Stored data entries
#####

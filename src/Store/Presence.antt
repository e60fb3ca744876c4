-- ===== src/Store/Presence.antt =====
-- Application presence of src/store.rs: one record per agent, of the highest sequence number.
use agent_mqtt_chat.Base.{
  Text, text_eq, text_beq_iff, ◌==◌, ◌≡◌, ℤ, leb_ℤ, ◌<ℤ◌, Option-cases, inl, inr, List, [], ◌∷◌,
  Option, none, some, TextMap, lookup, insert, lookup-insert, if◌then◌else◌, arith,
}
use agent_mqtt_chat.Store.Types.{Db, PresenceRow}

abbrev pub put_presence : Db → PresenceRow → Db
put_presence db row = record db { presence = insert row.agent row db.presence }

abbrev pub newer_presence : Db → PresenceRow → Option PresenceRow → Db
newer_presence db row none = put_presence db row
newer_presence db row (some old) = if leb_ℤ old.seq row.seq then put_presence db row else db

-- The record of an upsert's values.
abbrev pub presence_row : Text → Text → Text → ℤ → ℤ → Option Text → Text → PresenceRow
presence_row agent state source ttl_secs seq detail last_seen = record {
  agent = agent;
  state = some state;
  source = some source;
  ttl_secs = some ttl_secs;
  detail = detail;
  seq = seq;
  last_seen = last_seen;
}

-- Insert or replace an agent's record, unless the one there has a higher sequence number.
unfoldable pub upsert_presence : Db → Text → Text → Text → ℤ → ℤ → Option Text → Text → Db
upsert_presence db agent state source ttl_secs seq detail last_seen =
    newer_presence db (presence_row agent state source ttl_secs seq detail last_seen)
      (lookup agent db.presence)

abbrev values : TextMap PresenceRow → List PresenceRow
values [] = []
values ((_, row) ∷ m) = row ∷ values m

-- All records, by agent.
unfoldable pub list_presence : Db → List PresenceRow
list_presence db = values db.presence

-- The record that an upsert leaves for an agent.
abbrev pub newest : PresenceRow → Option PresenceRow → PresenceRow
newest row none = row
newest row (some old) = if leb_ℤ old.seq row.seq then row else old

abbrev pub presence_of : Db → Text → Option PresenceRow
presence_of db agent = lookup agent db.presence

-- An upsert leaves an agent its new record, unless the old one has a higher sequence number; a tie
-- goes to the new one; every other agent's record is as before.
pub presence_of-upsert_presence :
    (db : Db) (agent other state source : Text) (ttl seq : ℤ) (detail : Option Text)
    (last_seen : Text)
    → presence_of (upsert_presence db agent state source ttl seq detail last_seen) other ≡ (
        if agent == other
        then some (
            newest
              (presence_row agent state source ttl seq detail last_seen)
              (presence_of db agent))
        else presence_of db other)
unfolding upsert_presence
presence_of-upsert_presence db agent other state source ttl seq detail last_seen =
    let row = presence_row agent state source ttl seq detail last_seen in
    elim (Option-cases (lookup agent db.presence)) [
      | inl e ↦ ground (arith, text_beq_iff agent other, lookup-insert agent other row db.presence)
      | inr (old, e) ↦
          ground (arith, text_beq_iff agent other, lookup-insert agent other row db.presence)
    ]

-- A beacon that arrives late, with a lower sequence number than the record, changes nothing.
pub upsert_presence_late :
    (db : Db) (agent state source : Text) (ttl seq : ℤ) (detail : Option Text) (last_seen : Text)
    (old : PresenceRow)
    → presence_of db agent ≡ some old
    → seq <ℤ old.seq
    → upsert_presence db agent state source ttl seq detail last_seen ≡ db
unfolding upsert_presence
upsert_presence_late db agent state source ttl seq detail last_seen old e late = ground arith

#####

Which lines run from the one holding "last_seen = record" through the one holding "(presence_of db agent))" in the records above? Repeat them exactly, both included, and nothing more.

OUTPUT BELOW =
presence_row agent state source ttl_secs seq detail last_seen = record {
  agent = agent;
  state = some state;
  source = some source;
  ttl_secs = some ttl_secs;
  detail = detail;
  seq = seq;
  last_seen = last_seen;
}

-- Insert or replace an agent's record, unless the one there has a higher sequence number.
unfoldable pub upsert_presence : Db → Text → Text → Text → ℤ → ℤ → Option Text → Text → Db
upsert_presence db agent state source ttl_secs seq detail last_seen =
    newer_presence db (presence_row agent state source ttl_secs seq detail last_seen)
      (lookup agent db.presence)

abbrev values : TextMap PresenceRow → List PresenceRow
values [] = []
values ((_, row) ∷ m) = row ∷ values m

-- All records, by agent.
unfoldable pub list_presence : Db → List PresenceRow
list_presence db = values db.presence

-- The record that an upsert leaves for an agent.
abbrev pub newest : PresenceRow → Option PresenceRow → PresenceRow
newest row none = row
newest row (some old) = if leb_ℤ old.seq row.seq then row else old

abbrev pub presence_of : Db → Text → Option PresenceRow
presence_of db agent = lookup agent db.presence

-- An upsert leaves an agent its new record, unless the old one has a higher sequence number; a tie
-- goes to the new one; every other agent's record is as before.
pub presence_of-upsert_presence :
    (db : Db) (agent other state source : Text) (ttl seq : ℤ) (detail : Option Text)
    (last_seen : Text)
    → presence_of (upsert_presence db agent state source ttl seq detail last_seen) other ≡ (
        if agent == other
        then some (
            newest
              (presence_row agent state source ttl seq detail last_seen)
              (presence_of db agent))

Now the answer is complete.